Kolkata: After many failed attempts, Kolkata-based GP Goenka group on Tuesday concluded a deal with Jaypee Development Corp. Ltd, a privately held unit of the Jaypee Group, to sell a controlling stake in Andhra Cements Ltd.
The Jaypee Group may have to pay as much as Rs280 crore if all transactions envisaged in Tuesday’s agreement eventually go through. If the mandatory open offer is fully subscribed, the Jaypee Group will get 80% of the firm’s shares. The deal will leave the GP Goenka group with a 6% stake in the company, on which the Jaypee Group will have right of first refusal.
The Economic Times newspaper had reported in its Mumbai edition on Friday that the Jaypee Group was close to buying Andhra Cements.
The deal was sewn up in “only eight days” of negotiations, according to G.P. Goenka, chairman of the eponymous group. “It was possible only because of the great degree of trust that (Jaypee Group chairman) Manoj (Gaur) and I have for each other.”
Lodha Capital Markets Ltd, an associate of audit firm Lodha and Co., advised Goenka on the stake sale.
This is the second deal between Goenka and Manoj Gaur in the space of a year. A year ago, Goenka concluded an agreement to transfer his group’s ailing fertilizer business, which was part of Duncans Industries Ltd, to a joint venture with the Jaypee Group.
“The (latest) deal is an extension of the relationship that we have built over the past two years, working together on reviving Duncans Industries’ fertilizer unit,” Gaur said.
Goenka and Gaur scrambled to close the Andhra Cements deal because there were others interested in the company. “With most of Goenka’s stake mortgaged with lenders, he didn’t want to wait for too long,” said an investment banker, who did not want to be named.
Companies that had lent to Andhra Cements, such as Infrastructure Development Finance Co. Ltd and Housing Development Finance Corp. Ltd, already own substantial stakes, currently 17.38% and 14.94%, respectively, in Andhra Cements.
The cement maker, which has an annual manufacturing capacity of 1.5 million tonnes (mt), will issue around 147.5 million new shares for Rs12 each, giving the Jaypee Group a 50.25% stake. Alongside this, Goenka will be selling 48.11 million shares from his total holding of 65.8 million shares for Rs12 apiece. He and his associates currently own 45.11% of the company’s shares.
The transactions will lead to the Jaypee Group making an open offer to acquire 26% more of Andhra Cements’ shares. In keeping with Indian takeover regulations, the open offer will be made on the current equity capital of the company, and not on the expanded one—post allotment of new shares. All three legs of the transaction will be executed simultaneously, according to Goenka.

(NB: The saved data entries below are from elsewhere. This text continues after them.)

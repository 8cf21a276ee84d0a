-- ===== src/Processor/Shutdown/Losses.antt =====
-- What `Shutdown` of pkg/processor/processor.go hands to the plugins, and what it leaves when the
-- timeout cuts it off.
use extend_game_telemetry_co.Prelude.{
  ℕ, ◌+◌, ◌≤◌, ◌<◌, ◌≡◌, refl, ap, ◌∙◌, Bool, true, false, List, [], ◌∷◌, arith, length,
  total-eq-zero, count, concat, Each, ◌&&◌,
}
use extend_game_telemetry_co.Processor.{
  Processor, entered, finished, refused, receive, leave, timer_expires, timer_fires, refuse, enter,
  close_input, cancel, dedup_changes,
}
use extend_game_telemetry_co.Processor.Batcher.{add, flush, expire, fire}
use extend_game_telemetry_co.Processor.Closed.{accepts_nothing}
use extend_game_telemetry_co.Processor.FanOut.{Slot, UpToDate, count-deliveries}
use extend_game_telemetry_co.Processor.Invariant.{Inv, held}
use extend_game_telemetry_co.Processor.Safety.{
  Reachable, Reachable-Inv, Reach-Inv, Step-Inv, AllExited, graceful_shutdown,
}
use extend_game_telemetry_co.Processor.Shutdown.{
  Shutdown, completed, timed_out, completes, times_out,
}
use extend_game_telemetry_co.Processor.Steps.{
  Step, receives, leaves_closed, leaves_cancelled, expires, fires, enters, advances, refuses,
  closes, cancels, changes, Reach, here, later, continued,
}
use extend_game_telemetry_co.Processor.Untouched.{set_caller-Kept, advance-Kept, settle-Settled}

module _ {D T : Type 0} where
  -- The capacity of the channel stays.
  abbrev Sized : ℕ → Processor D T → Type 0
  Sized cap p = (p.input_chan.closed ≡ true) × (p.input_chan.cap ≡ cap)

  Step-Sized : (cap : ℕ) {p q : Processor D T} → Step p q → Sized cap p → q.input_chan.cap ≡ cap
  unfolding receive leave timer_expires timer_fires enter refuse close_input cancel dedup_changes
  Step-Sized cap {p} (receives i event rest lt up has) h =
      ap (λ c. c.cap)
        (settle-Settled i (p.pool i).exited (add (p.pool i).batcher event)
          (record p { input_chan = record p.input_chan { buf = rest } })).input_chan
      ∙ h.1
  Step-Sized cap {p} (leaves_closed i lt up none_left closed) h =
      ap (λ c. c.cap) (settle-Settled i true (flush (p.pool i).batcher) p).input_chan ∙ h.1
  Step-Sized cap {p} (leaves_cancelled i lt up cancelled) h =
      ap (λ c. c.cap) (settle-Settled i true (flush (p.pool i).batcher) p).input_chan ∙ h.1
  Step-Sized cap {p} (expires i lt) h =
      ap (λ c. c.cap)
        (settle-Settled i (p.pool i).exited (expire (p.pool i).batcher, []) p).input_chan
      ∙ h.1
  Step-Sized cap {p} (fires i lt) h =
      ap (λ c. c.cap) (settle-Settled i (p.pool i).exited (fire (p.pool i).batcher) p).input_chan
      ∙ h.1
  Step-Sized cap {p} (enters j event free) h =
      ap (λ c. c.cap) (set_caller-Kept j (entered event) p).input_chan ∙ h.1
  Step-Sized cap {p} (advances now j) h =
      ap (λ c. c.cap) (advance-Kept now j p h.0).input_chan ∙ h.1
  Step-Sized cap {p} (refuses j event waits cancelled) h =
      ap (λ c. c.cap) (set_caller-Kept j (finished refused) p).input_chan ∙ h.1
  Step-Sized cap (closes open_chan) h = h.1
  Step-Sized cap (cancels closed) h = h.1
  Step-Sized cap (changes d) h = h.1

  Reach-Sized :
      {p q : Processor D T}
      → Reach p q
      → p.input_chan.closed ≡ true
      → q.input_chan.cap ≡ p.input_chan.cap
  Reach-Sized here closed = refl
  Reach-Sized {p} (later {q} r s) closed =
      Step-Sized p.input_chan.cap s ((accepts_nothing p q r closed).0, Reach-Sized r closed)

  -- When all workers have returned, each accepted event is in the channel or was handed on.
  exited-count :
      {q : Processor D T}
      → Inv q
      → AllExited q
      → (t : T → Bool) → count t q.accepted ≡ count t q.input_chan.buf + count t (concat q.flushed)
  exited-count {q} h gone t = omega (
    arith,
    h.conserved t,
    total-eq-zero (held t) q.workers q.pool (λ i lt. ap (count t) (h.left i lt (gone i lt)).0),
  )

  written-count :
      (q : Processor D T) (t : T → Bool)
      → ((u : T → Bool)
          → count u q.accepted ≡ count u q.input_chan.buf + count u (concat q.flushed))
      → (ss : List (Slot T)) → Each (UpToDate q.flushed) ss
      → Each
          (λ s.
            count t (concat s.written) + count (λ x. s.plugin.filter x && t x) q.input_chan.buf
            ≡ count (λ x. s.plugin.filter x && t x) q.accepted)
          ss
  written-count q t balance [] h = tt
  written-count q t balance (s ∷ ss) h = (
    omega (
      arith,
      ap (λ xs. count t (concat xs)) h.0,
      count-deliveries t s.plugin.filter q.flushed,
      balance (λ x. s.plugin.filter x && t x),
    ),
    written-count q t balance ss h.1,
  )

  pub completed-Reachable :
      {p q : Processor D T} → Reachable p → Shutdown p completed q → Reachable q
  completed-Reachable r (completes open_chan run same gone) = record {
    limits = r.limits;
    config = r.config;
    plugins = r.plugins;
    dedup = r.dedup;
    dedup_state = r.dedup_state;
    first = r.first;
    starts = r.starts;
    steps = continued (later r.steps (closes open_chan)) run;
  }

  pub completed-live :
      {p q : Processor D T}
      → Shutdown p completed q
      → p.cancelled ≡ false
      → (q.cancelled ≡ false) × AllExited q
  completed-live (completes open_chan run same gone) live = (same ∙ live, gone)

  -- A `Shutdown` that returns nil has handed over everything. When it is called in a reachable state of a
  -- processor whose context was not cancelled, and returns nil in a state with at least one worker:
  -- nothing was accepted after the call, the channel is empty, and each plugin's `WriteBatch` calls
  -- hold each accepted event that passes the plugin's filter as often as it was accepted.
  pub completed_shutdown :
      {p q : Processor D T}
      → Reachable p
      → Shutdown p completed q
      → p.cancelled ≡ false
      → 0 < q.workers
      → (q.accepted ≡ p.accepted)
        × (q.input_chan.buf ≡ [])
        × ((t : T → Bool)
            → Each
                (λ s. count t (concat s.written) ≡ count (λ x. s.plugin.filter x && t x) q.accepted)
                q.plugins)
  unfolding close_input
  completed_shutdown {p} {q} r (completes open_chan run same gone) live some_worker =
      let reachable = completed-Reachable r (completes open_chan run same gone) in
      let h = Reachable-Inv reachable in
      let done = graceful_shutdown reachable some_worker gone (same ∙ live) in
      (
        (accepts_nothing (close_input p) q run refl).1,
        ground (arith, h.left 0 some_worker (gone 0 some_worker), same, live),
        done,
      )

  -- A `Shutdown` that times out leaves out what the channel holds. When it was called in a reachable
  -- state, and all workers have returned in some later state: nothing was accepted after the call; for
  -- each plugin, the events that its `WriteBatch` was called with and those left in the channel are
  -- together the accepted events that pass its filter (counted by any test); and no more is left in
  -- the channel than its capacity. What the backends make of the calls after the timeout, whose
  -- context is done, is not said.
  pub timed_out_shutdown :
      {p q r : Processor D T}
      → Reachable p
      → Shutdown p timed_out q
      → Reach q r
      → AllExited r
      → (r.accepted ≡ p.accepted)
        × (length r.input_chan.buf ≤ p.input_chan.cap)
        × ((t : T → Bool)
            → Each
                (λ s.
                  count t (concat s.written)
                    + count (λ x. s.plugin.filter x && t x) r.input_chan.buf
                  ≡ count (λ x. s.plugin.filter x && t x) r.accepted)
                r.plugins)
  unfolding close_input
  timed_out_shutdown {p} {q} {r} reachable (times_out {q = late} open_chan run same) rest gone =
      let closed_run : Reach (close_input p) r =
        continued (later run (cancels (accepts_nothing (close_input p) late run refl).0)) rest in
      let h = Reach-Inv (Step-Inv (closes open_chan) (Reachable-Inv reachable)) closed_run in
      (
        (accepts_nothing (close_input p) r closed_run refl).1,
        omega (arith, h.bounded, Reach-Sized closed_run refl),
        λ t. written-count r t (exited-count h gone) r.plugins h.delivered,
      )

Rumours of the deal triggered a sharp fall in the share prices of both Jaypee Group flagship Jaiprakash Associates Ltd (JAL) and Andhra Cements. The firm that acquired Andhra Cements, though, isn’t an arm of JAL.
JAL’s shares closed 5.84% lower on BSE at Rs70.20 apiece, while the Andhra Cements stock fell 4.3% to Rs10.46. Andhra Cements announced the deal after markets closed.
Though its operations are currently under suspension, Andhra Cements had initiated steps to expand capacity, and according to Goenka, production can be stepped up to 3.5 mt at an investment of Rs250 crore.
Some analysts say that scaling up capacity to this level could eventually cost up to Rs400 crore. Even so, the deal took place at an enterprise valuation of around $85 (Rs4,300) per tonne—a substantial discount to the cost of setting up a new plant, which is $130-135 per tonne. Andhra Cements has outstanding debt of at least Rs500 crore, of which Rs400 crore is secured, or obtained against mortgage of assets.
“It appeared to be a value-for-money proposition,” said Gaur. “We will waste no time in reviving the plant.”
The firm’s key asset is its substantial limestone deposits, estimated at around 300 mt.
The Andhra Cements deal brings to an end the GP Goenka group’s ongoing restructuring and makes it debt-free, its chairman said. With unsecured loans given to the firm expected to be repaid in some time, the group will only have some working capital loans outstanding.
“Now we can look ahead,” Goenka said.